Both routes are great.


----------



## Asleep (Jan 19, 2003)

youre not going to see 300+ hp on 8lbs though. on an altima ka, its more like 200-210 and on a 240, ive seen 9lbs get about 240. both numbers being at the wheel numbers. you really cant ignore the potential of the ka though. i know guys running ka's putting out nice reliable power. daily driven too.


----------



## Gorath (Feb 16, 2003)

It isnt risky getting over 300 unless you are running the stock internals forged it is no problem. TY over on i believe freshalloy got his car up to around 600 and multiple people have gotten to around 400. It comes down to do you want torque or do you want to rev. If you like torque then go with the ka if rev then sr. Yes it is a generalization but... Just keep one thing in mind if you blow your engine you can get a used ka for under $300


----------



## TheVodKA (Sep 19, 2002)

True, having driven both, I can say that the sr is far more top-end oriented than the ka-t, but you get a lot more low-end torque with the ka-t, which is what impressed me with it. I've seen enough ka-t's blow though (including my own) to say that its a risk, so don't cheap out on it. That being said, sr is the safer choice imho.


----------



## Asleep (Jan 19, 2003)

well, youre gonna pay a little more than 300 for a used one but, yeah, they can be had cheaper than an sr comparatively. ka's internals are forged already, forged rods, forged crank, piston oil squirters, crank girdle. except for the pistons, the engine was almost ready for turbo from the factory, its amazing that nissan do that from the get-go, at least as an option.


----------



## Gorath (Feb 16, 2003)

i am getting a 96 engine, trans, ecu and misc parts for 350 and it only has 63000 miles on it. Just watch for people around you doing swaps.


----------



## Asleep (Jan 19, 2003)

thats a good price. ive seen some good deals here and there. thats one of them. good find, now hook it up and make it turbo.


----------



## Gorath (Feb 16, 2003)

all in time, and when ever i get some money


----------



## 87_300zxT (Nov 18, 2003)

I would go with the ka, for that low-end power
plus everyone does the sr swap, it would be slightly different


----------



## lofrontier (Mar 18, 2004)

I've been reading about turbo KA's for a while and I'm trying to separate the fact from the folklore.
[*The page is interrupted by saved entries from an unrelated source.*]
-- ===== src/AgentDrawer/Cancelled.antt =====
-- agentDrawerStore.ts: the creation keys that a cancelled draft leaves behind.
use tea_desktop.Base.{
  ℕ, ◌<◌, ◌≡◌, refl, sym, ap, ◌∙◌, subst, true, false, not, ◌||◌, List, some, arith, Bool-cases,
  inl, inr,
}
use tea_desktop.Base.Map
use tea_desktop.Base.Text.{Text, text_eq, text_eq_iff}
use tea_desktop.AgentDrawer.Store.{
  AgentDrawerStore, AgentDrawerChannelState, AgentDrawerDraft, ChannelBinding, Action, new_store,
}
use tea_desktop.AgentDrawer.Store as Store
use tea_desktop.AgentDrawer.Keys.{
  key, IsFresh, ensured-DrawnIn, run-IsFresh, begin-IsFresh, ensure-drawn,
}

module _ (serialize : Text → Text → Text → Text) (uuid : ℕ → Text) where
  -- The new draft's key is drawn after all others.
  cancelled-IsFresh :
      (s : AgentDrawerStore) (b : ChannelBinding)
      → IsFresh serialize uuid
          (key serialize uuid b)
          s.drawn
          s.drawn
          (Store.cancel_draft serialize uuid s b)
  unfolding Store.cancel_draft Store.assign
  cancelled-IsFresh s b =
      let next = Store.ensure_state serialize uuid s b in
      let later = ensure-drawn serialize uuid s b in
      (
        omega arith,
        omega (arith, later),
        rw (Map.get-set_self (key serialize uuid b) _ _) (next.0.drawn, refl, later, omega arith),
      )

  -- A key that was drawn before all the keys that the binding may have completes nothing.
  old_key_refused :
      ((n m : ℕ) → uuid n ≡ uuid m → n ≡ m)
      → (s : AgentDrawerStore) (b : ChannelBinding) (m low base : ℕ) (id : Text)
      → IsFresh serialize uuid (key serialize uuid b) low base s
      → m < low
      → Store.complete_creation serialize uuid s b (uuid m) id
        ≡ ((Store.ensure_state serialize uuid s b).0, false)
  unfolding Store.complete_creation
  old_key_refused distinct s b m low base id h older =
      let state = (Store.ensure_state serialize uuid s b).1 in
      let (n, own, above, below) =
        ensured-DrawnIn serialize uuid (key serialize uuid b) low base s b h refl in
      elim (Bool-cases (text_eq state.draft.creation_idempotency_key (uuid m))) [
        | inl e ↦
            let same : n ≡ m = distinct n m (sym own ∙ (text_eq_iff _ (uuid m)).0 e) in
            absurd (omega (arith, same, above, older))
        | inr e ↦
            let refused : not (Store.awaits state (uuid m)) ≡ true = ground arith in rw refused refl
      ]

  -- The key that `beginCreation` hands out was drawn before.
  begin_creation-drawn :
      (s c : AgentDrawerStore) (b : ChannelBinding) (k : Text)
      → IsFresh serialize uuid (key serialize uuid b) 0 0 s
      → Store.begin_creation serialize uuid s b ≡ (c, some k)
      → (m : ℕ) × (k ≡ uuid m) × (m < c.drawn)
  unfolding Store.begin_creation Store.assign
  begin_creation-drawn s c b k h e =
      let next = Store.ensure_state serialize uuid s b in
      let (n, own, above, below) =
        ensured-DrawnIn serialize uuid (key serialize uuid b) 0 0 s b h refl in
      elim (Bool-cases
        (not (Store.is_preparing next.1.phase) || not (Store.is_truthy next.1.draft.runtime_id))) [
          | inl f ↦ absurd (ground arith)
          | inr f ↦ (
            n,
            ground arith,
            subst (λ (x : AgentDrawerStore). n < x.drawn) (ap (λ x. x.0) (rw f at e)) below,
          )
        ]

  -- Let the ids that are drawn be distinct. Once a channel's draft was cancelled, no creation key
  -- that was handed out for the channel before completes a creation, whatever was done from the
  -- empty store to the key, from the key to the cancelling, and after it: the completion is refused,
  -- and changes nothing but to make the channel's state where it has none.
  pub cancelled_key_refused :
      ((n m : ℕ) → uuid n ≡ uuid m → n ≡ m)
      → (before between after : List Action) (b : ChannelBinding) (c : AgentDrawerStore)
      → (k id : Text)
      → Store.begin_creation serialize uuid (Store.run serialize uuid new_store before) b
        ≡ (c, some k)
      → Store.complete_creation serialize uuid
          (Store.run serialize uuid
            (Store.cancel_draft serialize uuid (Store.run serialize uuid c between) b)
            after)
          b
          k
          id
        ≡ (
          (Store.ensure_state serialize uuid
              (Store.run serialize uuid
                (Store.cancel_draft serialize uuid (Store.run serialize uuid c between) b)
                after)
              b).0,
          false,
        )
  unfolding Map.get
  cancelled_key_refused distinct before between after b c k id e =
      let start =
        run-IsFresh serialize uuid (key serialize uuid b) 0 0 new_store before
          (omega arith, omega arith, tt) in
      let (m, drawn, below) =
        begin_creation-drawn (Store.run serialize uuid new_store before) c b k start e in
      let begun = subst (IsFresh serialize uuid (key serialize uuid b) 0 0) (ap (λ x. x.0) e) (
        begin-IsFresh serialize uuid (key serialize uuid b) 0 0
          (Store.run serialize uuid new_store before) b start) in
      let s = Store.run serialize uuid c between in
      let later =
        run-IsFresh serialize uuid (key serialize uuid b) 0 c.drawn c between
          (omega arith, omega arith, begun.2) in
      let fresh =
        run-IsFresh serialize uuid (key serialize uuid b) s.drawn s.drawn
          (Store.cancel_draft serialize uuid s b) after (cancelled-IsFresh s b) in
      rw drawn
        (old_key_refused distinct _ b m s.drawn s.drawn id fresh (omega (arith, below, later.1)))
I've heard back and forth about the forged internals, oil squirters and all that on a KA. Does anyone have any solid proof of this? Has anyone had a KA apart and actually seen this stuff with their own eyes?

vodKA - where did your KA's fail when they blew? conn rods? pistons? Just wondering what the weakest link is.

I have a '98 Fronty project that's on the back, back, back burner. It's all torn up right now. I've been thinking about putting a turbo on it, new engine management (I'm pretty sure I F'd up the wiring to the comp pretty good), and all that good stuff. I wanted to keep the KA just to be a little different. I'm not shooting for any HP or any 1/4 mile time. It's just a toy.

http://www.realnissan.com/ has a lot of stuff for turbo KAs.


----------



## Asleep (Jan 19, 2003)

page 75 of the nissan fsm for ka engines shows the girdle aka the crank beam.
im researching the rest. i do know that sport compact(?) put out a mag a couple months ago outlining all of the common engines, their capabilities, and their specs. ill see if i can find the issue.


----------



## Asleep (Jan 19, 2003)

very good page that answers some of your questions.
http://www.arimport.com/forum/index.php?showtopic=493
and another
http://www.turbo240sx.ca/ENGINEPROJECT.html


----------